Según la denunciante, lejos de detenerse, el agresor “se abalanzó para rematarlo con otra piedra en la mano. Su mamá lo frenó mientras yo no se de dónde saqué fuerzas para juntarlo del piso. Sé que el piedrazo era para mí, no para él, porque un minutos antes me dijo que no iba a zafar, que me iba a matar a mi y a mis nenas, que sabía sobre mis horarios y, ni bien podía, iba a prender fuego la casa con todos adentro. Me siento terrible estando acá, lejos de ellos, allá”.
 
Intento de homicidio
La mujer interpreta el ataque que sufrió su hijo como un intento de homicidio. Eso, sumado a las amenazas de muerte de Monito y los antecedentes penales que tiene, la orientan a pensar que no es absurdo pedir que no lo excarcelen. “En el barrio no se habla de otra cosa más que la amenaza que nos hizo, y que es capaz de cumplir porque su vida entera es un delito. Encima llegó el rumor de que va a ser liberado, porque siempre entró y salió. Imaginate el terror que eso nos hace, porque al parecer el límite es que mate a alguien para que hagan algo con él”.
La denuncia que radicó el padre de Federico derivó en la detención de Monito, que fue puesto a disposición del Juzgado de Instrucción Tres de Puerto Iguazú. El sujeto permanece hasta este momento tras las rejas. De la recuperación de la víctima dependería su futuro procesal, informaron las fuentes judiciales.

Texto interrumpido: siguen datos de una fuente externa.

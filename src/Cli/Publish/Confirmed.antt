-- ===== src/Cli/Publish/Confirmed.antt =====
-- No command is run for images of a registry that was not confirmed.
use irnmn.Prelude.{
  String, ◌≡◌, refl, ◌∙◌, Bool, false, ◌&&◌, ◌==◌, List, [], ◌∷◌, map, all, Bool-cases, inl, inr,
  some,
}
use irnmn.Text.{contains}
use irnmn.Values.{Dict}
use irnmn.Effect.{Result, ok, err, Exec, continue, lift, ◌>>=◌}
use irnmn.Effect.Post.{FailsAt, Gives}
use irnmn.Cli.Publish.{
  image_services, image_of, missing_image, checked, publish_confirmed, until_slash, registry_host,
  host_first, registries, publish_images,
}

-- The image names its registry, which is the one confirmed.
unfoldable pub is_at : String → String → Bool
unfolding until_slash
is_at confirm image = contains "/" image && until_slash image == confirm

first-Gives :
    (confirm : String) (image : String) (rest : List String) (r : Result (List String))
    → Gives (λ hosts. all (λ h. h == confirm) hosts ≡ all (is_at confirm) rest) r
    → Gives
        (λ hosts. all (λ h. h == confirm) hosts ≡ all (is_at confirm) (image ∷ rest))
        (host_first (registry_host image) r)
unfolding registry_host is_at
first-Gives confirm image rest (ok hosts) later = elim (Bool-cases (contains "/" image)) [
  | inl named ↦ rw (named, later) refl
  | inr bare ↦ rw bare tt
]
first-Gives confirm image rest (err e) later = elim (Bool-cases (contains "/" image)) [
  | inl named ↦ rw named tt
  | inr bare ↦ rw bare tt
]

registries-Gives :
    (confirm : String) (images : List String)
    → Gives
        (λ hosts. all (λ h. h == confirm) hosts ≡ all (is_at confirm) images)
        (registries images)
unfolding registries
registries-Gives confirm [] = refl
registries-Gives confirm (image ∷ rest) =
    first-Gives confirm image rest (registries rest) (registries-Gives confirm rest)

module _ {W : Type 0} (run : List String → Exec W (Unit {0})) (engine confirm : String) where
  confirmed-FailsAt :
      (images : List String) (r : Result (List String)) (w : W)
      → all (is_at confirm) images ≡ false
      → Gives (λ hosts. all (λ h. h == confirm) hosts ≡ all (is_at confirm) images) r
      → FailsAt w (continue r (publish_confirmed run engine confirm images) w)
  unfolding publish_confirmed
  confirmed-FailsAt images (ok []) w other same = refl
  confirmed-FailsAt images (ok (h ∷ hs)) w other same =
      let refused : (h == confirm && all (λ h. h == confirm) hs) ≡ false = same ∙ other in
      rw refused refl
  confirmed-FailsAt images (err e) w other same = refl

-- Where an image has no registry, or one other than the confirmed one, the call raises before any
-- command is run.
pub publish_images-Confirmed :
    {W : Type 0} (run : List String → Exec W (Unit {0})) (base derived : Dict)
    (engine confirm : String) (w : W)
    → all (is_at confirm) (map (image_of derived) image_services) ≡ false
    → FailsAt w (publish_images run (some base) (some derived) engine confirm w)
unfolding publish_images
publish_images-Confirmed run base derived engine confirm w other =
    go (missing_image base derived image_services)
  where
    go :
        (r : Result (Unit {0}))
        → FailsAt w (
            continue
              (checked r derived)
              (λ found.
                lift (registries (map (image_of found) image_services))
                >>= publish_confirmed run engine confirm (map (image_of found) image_services))
              w)
    go (ok _) =
        confirmed-FailsAt run engine confirm (map (image_of derived) image_services)
          (registries (map (image_of derived) image_services)) w other
          (registries-Gives confirm (map (image_of derived) image_services))
    go (err e) = refl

“Dijo que me voy a arrepentir y todos sabemos que es capaz de cualquier cosa. En Puerto Esperanza todos lo conocen, saben de su problema con las drogas, que le roba hasta a sus parientes, que golpea a su propia madre. No se qué puede pasar más adelante, sólo necesito garantías para poder vivir con tranquilidad a partir de ahora”, pidió Escobar.
Esperando la segunda cirugía
Después del ataque, Federico fue estabilizado en el hospital de Puerto Esperanza, luego lo derivaron a Posadas con un diagnóstico de doble fractura de mandíbula con indicación de reducción y osteosíntesis con placas y tornillos. En la capital provincial fue sometido a una primera cirugía de alrededor de cinco horas, en tanto que en los próximos días será sometido a la segunda, que se cree sería definitiva. Desde entonces, su madre se queda junto a él en casa de parientes, esperando que todo termine rápido. En la localidad de donde son oriundos han realizado venta de pollos para juntar fondos que ayuden a solventar los gastos de estadía, puesto que el sistema de salud pública provincial se encargó de la mayoría de los costos de internación e insumos.